> _Exercise details_
When the string "word" is part of a line in the data below, report the whole line.
Data records below:
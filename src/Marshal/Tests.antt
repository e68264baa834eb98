-- ===== src/Marshal/Tests.antt =====
-- src/lib/marshal.cpp at concrete input: a block of twenty bytes, and a structure of an int and a string.
use etwork.Common.{
  Option, none, true, ℕ, ◌+◌, ◌^◌, ◌≤◌, ◌<◌, Bool, false, none, some, List, [], ◌∷◌, ◌++◌, ◌≡◌, ◌≢◌,
  refl, arith, length, All,
}
use etwork.Common.Int.{pos, negsuc}
use etwork.Common.Map.{find, insert}
use etwork.Block.{Block, IsBlock, seek, cur}
use etwork.Marshal.{ok, err, logic_error}
use etwork.Marshal.Digits.{put_bytes}
use etwork.Marshal.Cursor.{StandsAt}
use etwork.Marshal.Int.{set_range, set_range_bytes, set_range_wide, width, count_bytes}
use etwork.Marshal.Int as Int
use etwork.Marshal.Int.RoundTrip.{
  from_zero, between, digits, sum_or_throw, demarshal-marshal_from_zero, demarshal-marshal_shifted,
}
use etwork.Marshal.Uint as Uint
use etwork.Marshal.Manager.Typed.{
  Named, no_names, has_own, by_name, marshal_typed, demarshal_typed, marshal_typed_round_trip,
}
use etwork.Marshal.Uint64 as Uint64
use etwork.Marshal.Uint64.{demarshal-marshal_uint64, uint64_unchecked}
use etwork.Marshal.Text.{string_marshaller}
use etwork.Marshal.Text as Text
use etwork.Marshal.Text.RoundTrip.{demarshal-marshal_string, encoded}
use etwork.Marshal.Interface.{Memory, int_value, string_value, no_value, set}
use etwork.Block.{left, splice}
use etwork.Marshal.Cursor.{put_at, peek}
use etwork.Marshal.Digits.{get_bytes}
use etwork.Marshal.Leaves.{int_object, string_object}
use etwork.Marshal.Leaves.Carried.{int_object-Carries, string_object-Carries}
use etwork.Marshal.PublicVector.{
  PublicVector, HasRoom, push_back, size, copy_vector, push_back-HasRoom,
}
use etwork.Marshal.Members.{MemberDesc, TypeMarshal, marshal, demarshal}
use etwork.Marshal.Members.Carried.{AllCarried, no_members, a_member, demarshal-marshal_type}
use etwork.Marshal.Members.Failure.{
  Writes, not_written, writes, Reads, not_read, reads, type_marshal-Writes,
}
use etwork.Marshal.Manager.{MarshalManager, Declared, resolve, new_manager}
use etwork.Common.Map.{less_string, find}
use etwork.Marshal.Interface.{IMarshaller}
use etwork.Marshal.Manager as Manager
use etwork.Common.Map as Map
use etwork.Marshal.Manager.Announced.{resolve_type_round_trip}
use etwork.Marshal.Manager.Termination.{Completes, resolve-Completes}

abbrev blank : Block
blank = record {
  buf = 0 ∷ 0 ∷ 0 ∷ 0 ∷ 0 ∷ 0 ∷ 0 ∷ 0 ∷ 0 ∷ 0 ∷ 0 ∷ 0 ∷ 0 ∷ 0 ∷ 0 ∷ 0 ∷ 0 ∷ 0 ∷ 0 ∷ 0 ∷ [];
  size = 20;
  pos = 2;
  delete_it = false;
  at_eof = false;
}

blank-IsBlock : IsBlock blank
blank-IsBlock = record { sized = refl; inside = omega arith; small = omega arith }

set_range_wide_example : (set_range (negsuc 2147483647) (pos 2147483647)).bytes ≡ 1
set_range_wide_example =
    set_range_wide (negsuc 2147483647) (pos 2147483647) (omega arith) (omega arith) (omega arith)
      (omega arith)

thousand_bytes : (from_zero 1000).bytes ≡ 2
unfolding set_range count_bytes Int.range
thousand_bytes = refl

demarshal-marshal_from_zero_example :
    (b' : Block) × (Int.marshal (from_zero 1000) (pos 300) blank ≡ ok (b', (from_zero 1000).bytes))
    × (Int.demarshal (from_zero 1000) (seek b' 2) ≡ ok (b', some (pos 300, (from_zero 1000).bytes)))
demarshal-marshal_from_zero_example =
    demarshal-marshal_from_zero 1000 300 blank (omega arith) (omega arith) blank-IsBlock
      (omega (arith, thousand_bytes))

shifted_bytes : (between 100 200).bytes ≡ 1
unfolding set_range count_bytes Int.range
shifted_bytes = refl

shifted_fits : 150 < 256 ^ (between 100 200).bytes
shifted_fits = rw shifted_bytes (omega arith)

demarshal-marshal_shifted_example :
    (b' : Block) × (Int.marshal (between 100 200) (pos 150) blank
      ≡ ok (b', (between 100 200).bytes))
    × (Int.demarshal (between 100 200) (seek b' 2) ≡ sum_or_throw 100 200 150 b')
    × (Int.demarshal (between 100 200) (seek b' 2)
        ≢ ok (b', some (pos 150, (between 100 200).bytes)))
demarshal-marshal_shifted_example =
    demarshal-marshal_shifted 100 200 150 blank (omega arith) (omega arith) (omega arith)
      (omega arith) shifted_fits blank-IsBlock (omega (arith, shifted_bytes))

nine_bits : (Uint.set_bits 9).bytes ≡ 2
unfolding Uint.set_bits Uint.count_bytes
nine_bits = refl

-- A block where 0x0234 stands.
abbrev beyond : Block
beyond = record { buf = 2 ∷ 52 ∷ 0 ∷ []; size = 3; pos = 0; delete_it = false; at_eof = false }

beyond-IsBlock : IsBlock beyond
beyond-IsBlock = record { sized = refl; inside = omega arith; small = omega arith }

uint_stands : StandsAt beyond (put_bytes (Uint.set_bits 9).bytes 564 [])
unfolding cur put_bytes Uint.set_bits Uint.count_bytes
uint_stands = (0 ∷ [], refl)

uint_fits : 564 < 256 ^ (Uint.set_bits 9).bytes
uint_fits = rw nine_bits (omega arith)

nine_bits64 : (Uint64.set_bits 9).bytes ≡ 2
unfolding Uint64.set_bits
nine_bits64 = refl

uint64_stands : StandsAt beyond (put_bytes (Uint64.set_bits 9).bytes 564 [])
unfolding cur put_bytes Uint64.set_bits
uint64_stands = (0 ∷ [], refl)

uint64_fits : 564 < 256 ^ (Uint64.set_bits 9).bytes
uint64_fits = rw nine_bits64 (omega arith)

ten_bytes : (from_zero 10).bytes ≡ 1
unfolding set_range count_bytes Int.range
ten_bytes = refl

abbrev word : List ℕ
word = 104 ∷ 105 ∷ []

demarshal-marshal_string_example :
    (b' : Block) × (Text.marshal (string_marshaller 10) word blank
      ≡ ok (b', (from_zero 10).bytes + 2))
    × (Text.demarshal (string_marshaller 10) (seek b' 2)
        ≡ ok (b', some (word, (from_zero 10).bytes + 2)))
demarshal-marshal_string_example =
    demarshal-marshal_string 10 word blank (omega arith) (omega arith) blank-IsBlock
      (omega (arith, ten_bytes))

-- Three characters are announced, two follow.
abbrev cut : Block
cut = record { buf = 3 ∷ 104 ∷ 105 ∷ []; size = 3; pos = 0; delete_it = false; at_eof = false }

cut-IsBlock : IsBlock cut
cut-IsBlock = record { sized = refl; inside = omega arith; small = omega arith }

cut_stands : StandsAt cut (digits (from_zero 10) 3)
unfolding cur put_bytes set_range count_bytes Int.range
cut_stands = (104 ∷ 105 ∷ [], refl)

-- struct { int count; std::string name; } at address 50.
abbrev members : List MemberDesc
members =
    record { name = []; type = []; offset = 0; marshaller = some (int_object (from_zero 10)) }
    ∷ record {
      name = [];
      type = [];
      offset = 4;
      marshaller = some (string_object 28 (string_marshaller 10));
    }
    ∷ []

abbrev memory : Memory
memory = set (set (λ a. no_value) 50 (int_value (pos 7))) 54 (string_value word)

abbrev struct_bytes : List ℕ
struct_bytes = digits (from_zero 10) 7 ++ (encoded 10 word ++ [])

abbrev struct_max : ℕ
struct_max =
    (int_object (from_zero 10)).max_marshalled_size
    + ((string_object 28 (string_marshaller 10)).max_marshalled_size + 0)

struct_carried : AllCarried memory 50 members (0 ∷ 4 ∷ []) struct_bytes struct_max
struct_carried =
    a_member [] [] 0 _ (0 ∷ []) (digits (from_zero 10) 7)
      (int_object-Carries 10 7 memory 50 (omega arith) (omega arith) refl)
      (a_member [] [] 4 _ (0 ∷ []) (encoded 10 word)
        (string_object-Carries 28 10 word memory 54 (omega arith) (omega arith) refl) no_members)

abbrev struct : TypeMarshal
struct = record {
  type_name = [];
  descs = record { items = members; physical = 5 };
  instance_size = 32;
  max_marshalled_size = 12;
}

struct_max_12 : struct_max ≡ 12
unfolding int_object string_object string_marshaller set_range count_bytes Int.range
struct_max_12 = refl

struct_bytes_4 : length struct_bytes ≡ 4
unfolding put_bytes set_range count_bytes Int.range
struct_bytes_4 = refl

demarshal-marshal_type_example :
    (b' : Block) × (to' : Memory) × (e : Bool) × (marshal struct memory 50 blank
      ≡ ok (b', length struct_bytes))
    × (demarshal struct (seek b' 2) memory 100
        ≡ ok (record b' { at_eof = e }, to', length struct_bytes))
    × (length struct_bytes ≤ 12)
    × All (λ o. to' (100 + o) ≡ memory (50 + o)) (0 ∷ 4 ∷ [])
demarshal-marshal_type_example =
    demarshal-marshal_type struct memory 50 (0 ∷ 4 ∷ []) struct_bytes struct_max blank memory 100
      struct_carried (omega (arith, struct_bytes_4)) (omega (arith, struct_max_12)) blank-IsBlock
      (omega arith)

resolve_type_round_trip_example :
    (t' : TypeMarshal) × (b' : Block) × (to' : Memory) × (e : Bool) × (Manager.resolve_type
        (Manager.marshaller 1)
        new_manager
        struct
      ≡ ok (new_manager, t'))
    × (t'.max_marshalled_size ≡ struct_max)
    × (marshal t' memory 50 blank ≡ ok (b', length struct_bytes))
    × (demarshal t' (seek b' 2) memory 100
        ≡ ok (record b' { at_eof = e }, to', length struct_bytes))
    × All (λ o. to' (100 + o) ≡ memory (50 + o)) (0 ∷ 4 ∷ [])
resolve_type_round_trip_example =
    resolve_type_round_trip (Manager.marshaller 1) new_manager struct memory 50 (0 ∷ 4 ∷ [])
      struct_bytes struct_max blank memory 100 struct_carried (omega (arith, struct_bytes_4))
      (omega (arith, struct_max_12)) blank-IsBlock (omega (arith, struct_max_12))

-- A number and the length of a string that is cut off.
abbrev half : Block
half = record { buf = 7 ∷ 2 ∷ 104 ∷ []; size = 3; pos = 0; delete_it = false; at_eof = false }

abbrev one_byte : Block
one_byte = record { buf = 7 ∷ 104 ∷ 105 ∷ []; size = 3; pos = 1; delete_it = false; at_eof = false }

cut-Writes : Writes memory 50 members cut one_byte false
unfolding int_object Int.marshal set_range left put_at seek splice put_bytes string_object
    Text.marshal string_marshaller
cut-Writes = writes refl first_written (omega arith) (not_written refl second_failed)
  where
    first_written : (int_object (from_zero 10)).marshal memory 50 cut ≡ ok (one_byte, 1)
    first_written = refl

    second_failed :
        (string_object 28 (string_marshaller 10)).marshal memory 54 one_byte ≡ ok (one_byte, 0)
    second_failed = refl

abbrev read_one : Block
read_one = record half { pos = 1 }

half-Reads : Reads 100 members half memory read_one (set memory 100 (int_value (pos 7))) false
unfolding int_object Int.demarshal left set_range Int.decode get_bytes peek cur seek string_object
    Text.demarshal string_marshaller Text.read_chars
half-Reads = reads refl first_read (omega arith) (not_read refl second_failed)
  where
    first_read :
        (int_object (from_zero 10)).demarshal half memory 100
        ≡ ok (read_one, set memory 100 (int_value (pos 7)), 1)
    first_read = refl

    second_failed :
        (string_object 28 (string_marshaller 10)).demarshal read_one
          (set memory 100 (int_value (pos 7)))
          104
        ≡ ok (read_one, set memory 100 (int_value (pos 7)), 0)
    second_failed = refl

type_marshal-Writes_example :
    (marshal struct memory 50 cut ≡ ok (seek one_byte 0, 0))
    × (demarshal struct half memory 100
        ≡ ok (seek read_one 0, set memory 100 (int_value (pos 7)), 0))
type_marshal-Writes_example =
    type_marshal-Writes struct memory 50 cut one_byte false memory
      (set memory 100 (int_value (pos 7))) 100 half read_one false cut-Writes half-Reads

abbrev three_items : PublicVector ℕ
three_items = record { items = 1 ∷ 2 ∷ 3 ∷ []; physical = 3 }

push_back-HasRoom_example :
    (length (push_back three_items 4).items ≤ (push_back three_items 4).physical)
    × (size (push_back three_items 4) ≡ size three_items + 1)
    × HasRoom (copy_vector three_items)
push_back-HasRoom_example =
    push_back-HasRoom three_items 4 (record { room = omega arith; small = omega arith })

-- A structure that has itself as a member.
abbrev cyclic : MarshalManager
cyclic = record {
  int_marshallers = [];
  string_marshallers = [];
  to_resolve =
      ((
        65 ∷ [],
        record {
          id = 1;
          description = record {
            type_name = 65 ∷ [];
            descs = record {
              items = record { name = []; type = 65 ∷ []; offset = 0; marshaller = none } ∷ [];
              physical = 5;
            };
            instance_size = 0;
            max_marshalled_size = 0;
          };
          construct = λ m _. m;
        },
      )
        ∷ []);
  ids = [];
}

cyclic_test : resolve 2 cyclic ≡ err logic_error
unfolding resolve Manager.resolve_round Manager.resolve_entry Manager.resolve_type
    Manager.resolve_members Manager.find_marshaller Manager.marshaller Manager.found_or_taken find
    Map.erase
cyclic_test = refl

abbrev a_declaration : Declared
a_declaration = record { id = 2; description = struct; construct = λ m _. m }

resolve-Completes_example : Completes (resolve 2 cyclic)
resolve-Completes_example = resolve-Completes 2 cyclic (omega arith)

-- The same members, the number by the name of its type, and as they are resolved.
abbrev text_member : MemberDesc
text_member = record {
  name = [];
  type = [];
  offset = 4;
  marshaller = some (string_object 28 (string_marshaller 10));
}

abbrev number : Option IMarshaller → MemberDesc
number m = record { name = []; type = 67 ∷ []; offset = 0; marshaller = m }

abbrev by_names : Declared
by_names = record {
  id = 2;
  description = record struct {
    descs = record { items = number none ∷ text_member ∷ []; physical = 5 };
  };
  construct = λ m _. m;
}

abbrev knowing : MarshalManager
knowing = record {
  int_marshallers = [];
  string_marshallers = (67 ∷ [], int_object (from_zero 10)) ∷ [];
  to_resolve = (66 ∷ [], by_names) ∷ [];
  ids = [];
}

not_known : find less_string (66 ∷ []) knowing.string_marshallers ≡ none
unfolding find
not_known = refl

declared_one : find less_string (66 ∷ []) knowing.to_resolve ≡ some by_names
unfolding find
declared_one = refl

members-Named :
    Named knowing.string_marshallers
      (number none ∷ text_member ∷ [])
      (number (some (int_object (from_zero 10))) ∷ text_member ∷ [])
unfolding find
members-Named = by_name refl refl (has_own refl no_names)

named_carried :
    AllCarried memory 50
      (number (some (int_object (from_zero 10))) ∷ text_member ∷ [])
      (0 ∷ 4 ∷ [])
      struct_bytes
      struct_max
named_carried =
    a_member [] (67 ∷ []) 0 _ (0 ∷ []) (digits (from_zero 10) 7)
      (int_object-Carries 10 7 memory 50 (omega arith) (omega arith) refl)
      (a_member [] [] 4 _ (0 ∷ []) (encoded 10 word)
        (string_object-Carries 28 10 word memory 54 (omega arith) (omega arith) refl) no_members)

marshal_typed_round_trip_example :
    (mgr' : MarshalManager) × (o' : Block) × (to' : Memory) × (e : Bool) × (marshal_typed 2 knowing
        (66 ∷ [])
        memory
        50
        blank
      ≡ ok (mgr', o', true))
    × (demarshal_typed 2 mgr' (66 ∷ []) memory 100 (seek o' 2)
        ≡ ok (mgr', record o' { at_eof = e }, to', true))
    × All (λ f. to' (100 + f) ≡ memory (50 + f)) (0 ∷ 4 ∷ [])
marshal_typed_round_trip_example =
    marshal_typed_round_trip 0 knowing (66 ∷ []) by_names
      (number (some (int_object (from_zero 10))) ∷ text_member ∷ []) memory 50 (0 ∷ 4 ∷ [])
      struct_bytes struct_max blank memory 100 not_known declared_one members-Named named_carried
      (omega (arith, struct_bytes_4)) (omega (arith, struct_max_12)) blank-IsBlock
      (omega (arith, struct_max_12))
End of Data records.
> _Solution below_
abbrev word : List ℕ
word = 104 ∷ 105 ∷ []
    (b' : Block) × (Text.marshal (string_marshaller 10) word blank
        ≡ ok (b', some (word, (from_zero 10).bytes + 2)))
    demarshal-marshal_string 10 word blank (omega arith) (omega arith) blank-IsBlock
memory = set (set (λ a. no_value) 50 (int_value (pos 7))) 54 (string_value word)
struct_bytes = digits (from_zero 10) 7 ++ (encoded 10 word ++ [])
      (a_member [] [] 4 _ (0 ∷ []) (encoded 10 word)
        (string_object-Carries 28 10 word memory 54 (omega arith) (omega arith) refl) no_members)
      (a_member [] [] 4 _ (0 ∷ []) (encoded 10 word)
        (string_object-Carries 28 10 word memory 54 (omega arith) (omega arith) refl) no_members)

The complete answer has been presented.